Critical Comparison: California Resources Corporation (CRC) vs. Castlight Health, Inc. (CSLT)

California Resources Corporation (NYSE:CRC) shares are up more than 94.34% this year and recently increased 5.56% or $1.99 to settle at $37.78. Castlight Health, Inc. (NYSE:CSLT), on the other hand, is down -18.67% year to date as of 09/11/2018. It currently trades at $3.05 and has returned 1.67% during the past week.

California Resources Corporation (NYSE:CRC) and Castlight Health, Inc. (NYSE:CSLT) are the two most active stocks in the Independent Oil & Gas industry based on today’s trading volumes. The market is clearly enthusiastic about both these stocks, but which is the better investment? To answer this, we will compare the two companies based on the strength of their growth, profitability, risk, returns, valuation, analyst recommendations, and insider trends.


One of the key things investors look for in a company is the ability to grow earnings at a high compound rate over time. Comparatively, CSLT is expected to grow at a 30.00% annual rate. All else equal, CSLT’s higher growth rate would imply a greater potential for capital appreciation.

Profitability and Returns

A high growth rate isn’t necessarily valuable to investors. In fact, companies that overinvest in low return projects just to achieve a high growth rate can actually destroy shareholder value. Profitability and returns are a measure of the quality of a company’s business and its growth opportunities. We’ll use Return on Investment (ROI) to measure this. CRC’s ROI is 1.50% while CSLT has a ROI of -51.10%. The interpretation is that CRC’s business generates a higher return on investment than CSLT’s.

Cash Flow

Cash is king when it comes to investing. CRC’s free cash flow (“FCF”) per share for the trailing twelve months was -3.20. Comparatively, CSLT’s free cash flow per share was -0.01. On a percent-of-sales basis, CRC’s free cash flow was -7.71% while CSLT converted -0% of its revenues into cash flow. This means that, for a given level of sales, CSLT is able to generate more free cash flow for investors.

Liquidity and Financial Risk

Liquidity and leverage ratios measure a company’s ability to meet short-term obligations and longer-term debts. CRC has a current ratio of 0.60 compared to 1.90 for CSLT. This means that CSLT can more easily cover its most immediate liabilities over the next twelve months.


CRC trades at a forward P/E of 65.48, and a P/S of 0.89, compared to a forward P/E of 508.33, a P/B of 2.13, and a P/S of 2.88 for CSLT. CRC is the cheaper of the two stocks on an earnings, book value and sales basis. Given that earnings are what matter most to investors, analysts tend to place a greater weight on the P/E.

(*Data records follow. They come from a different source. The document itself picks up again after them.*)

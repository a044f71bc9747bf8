-- ===== src/Admin/Serves.antt =====
-- How each request is answered and what it does to the venue: internal/admin/admin.go.
use fix_session_lab.Base.{◌≡◌, refl, sym, ap, ◌∙◌, inl, inr, List, [], ◌∷◌, Option, none, some}
use fix_session_lab.Admin.{Response, serve_sessions, serve_orders, serve}
use fix_session_lab.Admin.Asked.{commands, meaning, refusal, performed, perform, meaning-no_command}
use fix_session_lab.Admin.Handlers.{
  Answered, does, conflicts, faulty, serve_cancel-Answered, serve_cancel_all-Answered,
  serve_fill-Answered, serve_partial-Answered, serve_reject-Answered, serve_reject_logon-Answered,
  serve_silence-Answered,
}
use fix_session_lab.Admin.Params.{Request}
use fix_session_lab.Admin.Served.{
  Served, unknown_path, wrong_method, not_posted, lists_sessions, lists_orders, commanded,
  gap_opened, gap_failed, known, unasked, at-Served, on_get-Served, on_post-Served,
  serve_gap-Served, lookup-none,
}
use fix_session_lab.Base.Int.{ℤ}
use fix_session_lab.Base.Map.{lookup}
use fix_session_lab.Base.Text.{Text, text_dec}
use fix_session_lab.Book.{Error}
use fix_session_lab.Book.View.{IsWellFormed}
use fix_session_lab.Deps.{Deps, Result}
use fix_session_lab.Exchange.{App}
use fix_session_lab.Exchange.Commands.{orders}
use fix_session_lab.Exchange.Events.{Event, react, run, run-Steps}
use fix_session_lab.Exchange.Steps.{Steps-IsWellFormed}

module _ ⦃L : Deps⦄ where
  unfoldable after : App → Option Event → App
  unfolding react
  after a none = a
  after a (some e) = react a e

  unfoldable listed : Option Event → List Event → List Event
  listed none es = es
  listed (some e) es = e ∷ es

  -- The events of the requests that the venue goes through with, each at the venue as it is by then.
  unfoldable pub performed_events : App → List Request → List Event
  unfolding performed after listed
  performed_events a [] = []
  performed_events a (r ∷ rs) = let o = performed a r in listed o (performed_events (after a o) rs)

  performed-none : (a : App) (r : Request) → meaning r ≡ none → performed a r ≡ none
  unfolding performed perform
  performed-none a r means = ap (perform a) means

  performed-some :
      (a : App) (r : Request) (e : Event)
      → meaning r ≡ some e
      → refusal a e ≡ none
      → performed a r ≡ some e
  unfolding performed perform
  performed-some a r e means fine = ap (perform a) means ∙ rw (fine, perform) refl

  performed-refused :
      (a : App) (r : Request) (e : Event) {x : Error L.Decimal}
      → meaning r ≡ some e
      → refusal a e ≡ some x
      → performed a r ≡ none
  unfolding performed perform
  performed-refused a r e means wrong = ap (perform a) means ∙ rw (wrong, perform) refl

  run-listed :
      (a : App) (o : Option Event) (es : List Event) → run a (listed o es) ≡ run (after a o) es
  unfolding run listed after
  run-listed a none es = refl
  run-listed a (some e) es = refl

  after-IsWellFormed :
      (a : App) (o : Option Event) → IsWellFormed a.book → IsWellFormed (after a o).book
  unfolding after run
  after-IsWellFormed a none w = w
  after-IsWellFormed a (some e) w = Steps-IsWellFormed (run-Steps a (e ∷ []) w) w

  idle : {a b : App} (r : Request) → performed a r ≡ none → b ≡ a → b ≡ after a (performed a r)
  unfolding after
  idle {a} r nothing same = same ∙ ap (after a) (sym nothing)

  Answered-after :
      {a : App} {r : Request} {q : App × Response} → Answered a r q → q.0 ≡ after a (performed a r)
  unfolding after
  Answered-after {a} {r} (does e means fine p) =
      ap (λ (q : App × Response). q.0) p ∙ ap (after a) (sym (performed-some a r e means fine))
  Answered-after {a} {r} (conflicts e x means wrong p) =
      idle r (performed-refused a r e means wrong) (ap (λ (q : App × Response). q.0) p)
  Answered-after {a} {r} (faulty x post f means p) =
      idle r (performed-none a r means) (ap (λ (q : App × Response). q.0) p)

  module _ (expected_sender_num : L.SessionId → Result Text ℤ)
      (set_next : L.SessionId → ℤ → Option Text) where
    quiet :
        (a : App) (r : Request) {q : App × Response} {x : Response}
        → meaning r ≡ none
        → q ≡ (a, x)
        → q.0 ≡ after a (performed a r)
    quiet a r means p = idle r (performed-none a r means) (ap (λ (q : App × Response). q.0) p)

    Served-after :
        {a : App} {r : Request} {q : App × Response}
        → Served expected_sender_num set_next a r q
        → q.0 ≡ after a (performed a r)
    Served-after {a} {r} (unknown_path _ _ _ means p) = quiet a r means p
    Served-after {a} {r} (wrong_method _ _ _ means p) = quiet a r means p
    Served-after {a} {r} (not_posted _ _ means p) = quiet a r means p
    Served-after {a} {r} (lists_sessions _ _ means p) = quiet a r means p
    Served-after {a} {r} (lists_orders _ _ means p) = quiet a r means p
    Served-after {a} {r} (commanded h) = Answered-after h
    Served-after {a} {r} (gap_opened _ _ _ _ _ _ _ means _ p) = quiet a r means p
    Served-after {a} {r} (gap_failed _ _ _ _ _ _ _ means _ p) = quiet a r means p

    -- At a venue with a well-formed book, each request ends in one of these ways: an unknown path is
    -- answered with 404 and another method than that of the path with 405; a read of the sessions or
    -- of the orders is answered with them; a POST to the path of a command that has what it needs is
    -- the event that the table of commands gives for its path and parameters, with the default where
    -- an optional one is not given, and is answered with 200 and what the event calls for if the venue
    -- does not refuse it, and with 409 and the error of the venue if it does; one that has not is
    -- answered with 400 and the first fault in its parameters; a POST to /admin/gap is answered by how
    -- advancing the numbers of the session asked for ended. The venue is the one after the event when
    -- it is answered with 200 for one, and otherwise as it was.
    pub serve-Served :
        (a : App) (r : Request)
        → IsWellFormed a.book
        → Served expected_sender_num set_next a r (serve expected_sender_num set_next a r)
    unfolding serve serve_sessions serve_orders orders commands lookup text_dec
    serve-Served a r w =
        at-Served expected_sender_num set_next _
          (λ p.
            let idle = unasked r p refl in
            on_get-Served expected_sender_num set_next a r _ (inl p) idle
              (λ m. lists_sessions p m idle refl))
          (λ n₁.
            at-Served expected_sender_num set_next _
              (λ p.
                let idle = unasked r p refl in
                on_get-Served expected_sender_num set_next a r _ (inr p) idle
                  (λ m. lists_orders p m idle refl))
              (λ n₂.
                at-Served expected_sender_num set_next _
                  (λ p.
                    on_post-Served expected_sender_num set_next a r _ (known r p refl)
                      (λ post. commanded (serve_fill-Answered a r w post p)))
                  (λ n₃.
                    at-Served expected_sender_num set_next _
                      (λ p.
                        on_post-Served expected_sender_num set_next a r _ (known r p refl)
                          (λ post. commanded (serve_partial-Answered a r w post p)))
                      (λ n₄.
                        at-Served expected_sender_num set_next _
                          (λ p.
                            on_post-Served expected_sender_num set_next a r _ (known r p refl)
                              (λ post. commanded (serve_cancel-Answered a r w post p)))
                          (λ n₅.
                            at-Served expected_sender_num set_next _
                              (λ p.
                                on_post-Served expected_sender_num set_next a r _ (known r p refl)
                                  (λ post. commanded (serve_reject-Answered a r w post p)))
                              (λ n₆.
                                at-Served expected_sender_num set_next _
                                  (λ p.
                                    on_post-Served expected_sender_num set_next a r _
                                      (known r p refl)
                                      (λ post. commanded (serve_silence-Answered a r post p)))
                                  (λ n₇.
                                    at-Served expected_sender_num set_next _
                                      (λ p.
                                        on_post-Served expected_sender_num set_next a r _
                                          (known r p refl)
                                          (λ post.
                                            serve_gap-Served expected_sender_num set_next a r post
                                              p))
                                      (λ n₈.
                                        at-Served expected_sender_num set_next _
                                          (λ p.
                                            on_post-Served expected_sender_num set_next a r _
                                              (known r p refl)
                                              (λ post.
                                                commanded (serve_reject_logon-Answered a r post p)))
                                          (λ n₉.
                                            at-Served expected_sender_num set_next _
                                              (λ p.
                                                on_post-Served expected_sender_num set_next a r _
                                                  (known r p refl)
                                                  (λ post.
                                                    commanded
                                                      (serve_cancel_all-Answered a r w post p)))
                                              (λ n₁₀.
                                                let missing = lookup-none r.path commands (
                                                  n₃,
                                                  (n₄, (n₅, (n₆, (n₇, (n₈, (n₉, (n₁₀, tt))))))),
                                                ) in
                                                unknown_path n₁ n₂ missing
                                                  (meaning-no_command r missing) refl))))))))))

    -- The venue after a list of requests.
    unfoldable pub serve_all : App → List Request → App
    unfolding serve
    serve_all a [] = a
    serve_all a (r ∷ rs) = serve_all (serve expected_sender_num set_next a r).0 rs

    -- At a venue with a well-formed book, the venue in the end, whatever requests the control plane
    -- has served, is the one after exactly the events of those requests that are POSTs to the path of
    -- a command with the parameters that it needs and that the venue, as it is by then, does not
    -- refuse, in their order: every other request has left the venue as it was.
    pub serve_all-run :
        (a : App) (rs : List Request)
        → IsWellFormed a.book
        → serve_all a rs ≡ run a (performed_events a rs)
    unfolding serve_all run performed_events
    serve_all-run a [] w = refl
    serve_all-run a (r ∷ rs) w =
        let o = performed a r in
        ap (λ b. serve_all b rs) (Served-after (serve-Served a r w))
        ∙ serve_all-run (after a o) rs (after-IsWellFormed a o w)
        ∙ sym (run-listed a o (performed_events (after a o) rs))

Analyst Price Targets and Opinions

When investing it’s crucial to distinguish between price and value. As Warren Buffet said, “price is what you pay, value is what you get”. CRC is currently priced at a -16.66% to its one-year price target of 45.33. Comparatively, CSLT is -39.48% relative to its price target of 5.04. This suggests that CSLT is the better investment over the next year.

Risk and Volatility

No discussion on value is complete without taking into account risk. Analysts use a stock’s beta, which measures the volatility of a stock compared to the overall market, to measure systematic risk. A stock with a beta above 1 is more volatile than the market. Conversely, a beta below 1 implies a below average level of risk. CRC has a beta of 5.72 and CSLT’s beta is 1.10. CSLT’s shares are therefore the less volatile of the two stocks.

Insider Activity and Investor Sentiment

Analysts often look at short interest, or the percentage of a company’s float currently being shorted by investors, to aid in their outlook for a particular stock. CRC has a short ratio of 3.94 compared to a short interest of 3.41 for CSLT. This implies that the market is currently less bearish on the outlook for CSLT.


Castlight Health, Inc. (NYSE:CSLT) beats California Resources Corporation (NYSE:CRC) on a total of 8 of the 14 factors compared between the two stocks. CSLT generates a higher return on investment, has higher cash flow per share, has a higher cash conversion rate and higher liquidity. In terms of valuation, CRC is the cheaper of the two stocks on an earnings, book value and sales basis, CSLT is more undervalued relative to its price target. Finally, CSLT has better sentiment signals based on short interest.